Achieving this vision will require the healthcare industry to complete its ongoing shift from charging a fee for each service provided, to getting reimbursed based on the outcomes of care given. For some hospital systems, that transformation is nearly finished; Halamka says the majority of Beth Israel’s income is now tied to “value-based purchasing” contracts.

“The notion that doctors will be paid for quality and outcomes, rather than just more healthcare, aligns economic incentives to use these digital health devices, with the idea that we be kept well in the home instead of a hospital,” Halamka says.

Incentives tied directly to digital health products are also on the rise, including expanded access to telehealth benefits for Medicare Advantage patients.

Patient demand is the other key factor that Halamka predicts will drive the healthcare industry to embrace digital technologies that make care more convenient. “If you’ve got two healthcare providers in a city, and one is digitally enabled and one isn’t, they’re going to flock to the digitally enabled one—and the other one will wither,” he says.

4. Beware the digital divide.

As digital technologies proliferate in healthcare, medical providers and other stakeholders need to be careful that some patients don’t get left out, Halamka says. Some people might not be comfortable with digital technologies, while others might have a language barrier or lack the income required to buy connected devices, he says.

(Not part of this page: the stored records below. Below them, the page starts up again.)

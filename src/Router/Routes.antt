-- ===== src/Router/Routes.antt =====
-- cmd/server/main.go, `buildRouter`: the table of routes, and the whole server over it. chi, which finds
-- the route of a request, is a parameter.
use gometrics.Prelude.{String, Option, none, some, List, [], ◌∷◌, Bytes}
use gometrics.Models.{Int64}
use gometrics.Storage.File.{MapOrder}
use gometrics.Http.{Request, Call}
use gometrics.Crypto.{Primitives}
use gometrics.Middleware.{HttpHandler, GzipLib}
use gometrics.Handler.{Handler, Std, World}
use gometrics.Handler.Plain.{update_handler, value_handler, ping_handler}
use gometrics.Handler.Json.{update_json_handler, value_json_handler}
use gometrics.Handler.Batch.{updates_json_handler}
use gometrics.Handler.Page.{root_handler}
use gometrics.Router.{router}

-- the handlers that are registered
pub data Endpoint : Type 0 where
  update_json value_json update_path value_path root ping updates_json : Endpoint

pub record Route : Type 0 where
  pub method : String
  pub pattern : String
  pub endpoint : Endpoint

abbrev pub route : String → String → Endpoint → Route
route method pattern endpoint = record { method = method; pattern = pattern; endpoint = endpoint }

abbrev pub routes : List Route
routes =
    route "POST" "/update" update_json
    ∷ route "POST" "/value" value_json
    ∷ route "POST" "/update/" update_json
    ∷ route "POST" "/value/" value_json
    ∷ route "POST" "/update/{type}/{name}/{value}" update_path
    ∷ route "GET" "/value/{type}/{name}" value_path
    ∷ route "GET" "/" root
    ∷ route "GET" "/ping" ping
    ∷ route "POST" "/updates" updates_json
    ∷ route "POST" "/updates/" updates_json
    ∷ []

-- a route that was found, with the values of its URL parameters
pub record Match : Type 0 where
  pub route : Route
  pub url_type : String
  pub url_name : String
  pub url_value : String

-- chi by the method and the path of a request: the route, or its own reply (404 or 405)
pub record Mux : Type 0 where
  pub find : List Route → String → String → Option Match
  pub refuse : List Route → String → String → List Call

-- What a request brings that the handlers do not read of the request itself: the path, the time, and
-- the order in which a page visits the two maps.
pub record Moment : Type 0 where
  pub path : String
  pub now : Int64
  pub order : MapOrder

module _ {S D O : Type 0} (h : Handler S D O) (std : Std) (mux : Mux) (at : Moment) where
  unfoldable pub handle : Endpoint → HttpHandler (World S D O)
  handle update_json r w = update_json_handler h std at.now r w
  handle value_json r w = value_json_handler h std r w
  handle update_path r w = update_handler h std at.now r w
  handle value_path r w = value_handler h std r w
  handle root r w = root_handler h std at.order r w
  handle ping r w = ping_handler h std r w
  handle updates_json r w = updates_json_handler h std at.now r w

  abbrev pub with_params : Match → Request → Request
  with_params m r = record r {
    url_type = m.url_type;
    url_name = m.url_name;
    url_value = m.url_value;
  }

  unfoldable pub dispatch_to : Option Match → HttpHandler (World S D O)
  unfolding handle
  dispatch_to none r w = (w, mux.refuse routes r.method at.path)
  dispatch_to (some m) r w = handle m.route.endpoint (with_params m r) w

  unfoldable pub dispatch : HttpHandler (World S D O)
  unfolding dispatch_to
  dispatch r w = dispatch_to (mux.find routes r.method at.path) r w

  -- the router that `buildRouter` returns
  unfoldable pub server :
      {Public Private : Type 0}
      → Primitives Public Private
      → GzipLib
      → (Bytes → Bytes → Bytes)
      → String
      → Option Private
      → HttpHandler (World S D O)
  unfolding dispatch
  server p lib hmac key priv = router p lib hmac key priv dispatch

“How do we ensure every member of society can take advantage of digital health without creating more inequity?” Halamka wonders. “We need to be very careful that we don’t create a sense of, ‘Well, you need the latest iPhone and $500 worth of digital sensors, and then you’ll get all these great services.'”

Halamka says he’s working on this issue with The Dimock Center in Boston’s Roxbury neighborhood, which provides health and human services to underserved communities. The center and its partners are exploring the development of low-income housing that would incorporate digital health sensors and related services “into the housing project itself,” Halamka says. He acknowledges the idea raises privacy concerns, but he emphasizes that health technologies would only be installed in a home with the tenant’s consent. The proposal is still in the early stages, he adds.

“It will be a longitudinal project that involves academia, government, and industry,” Halamka says.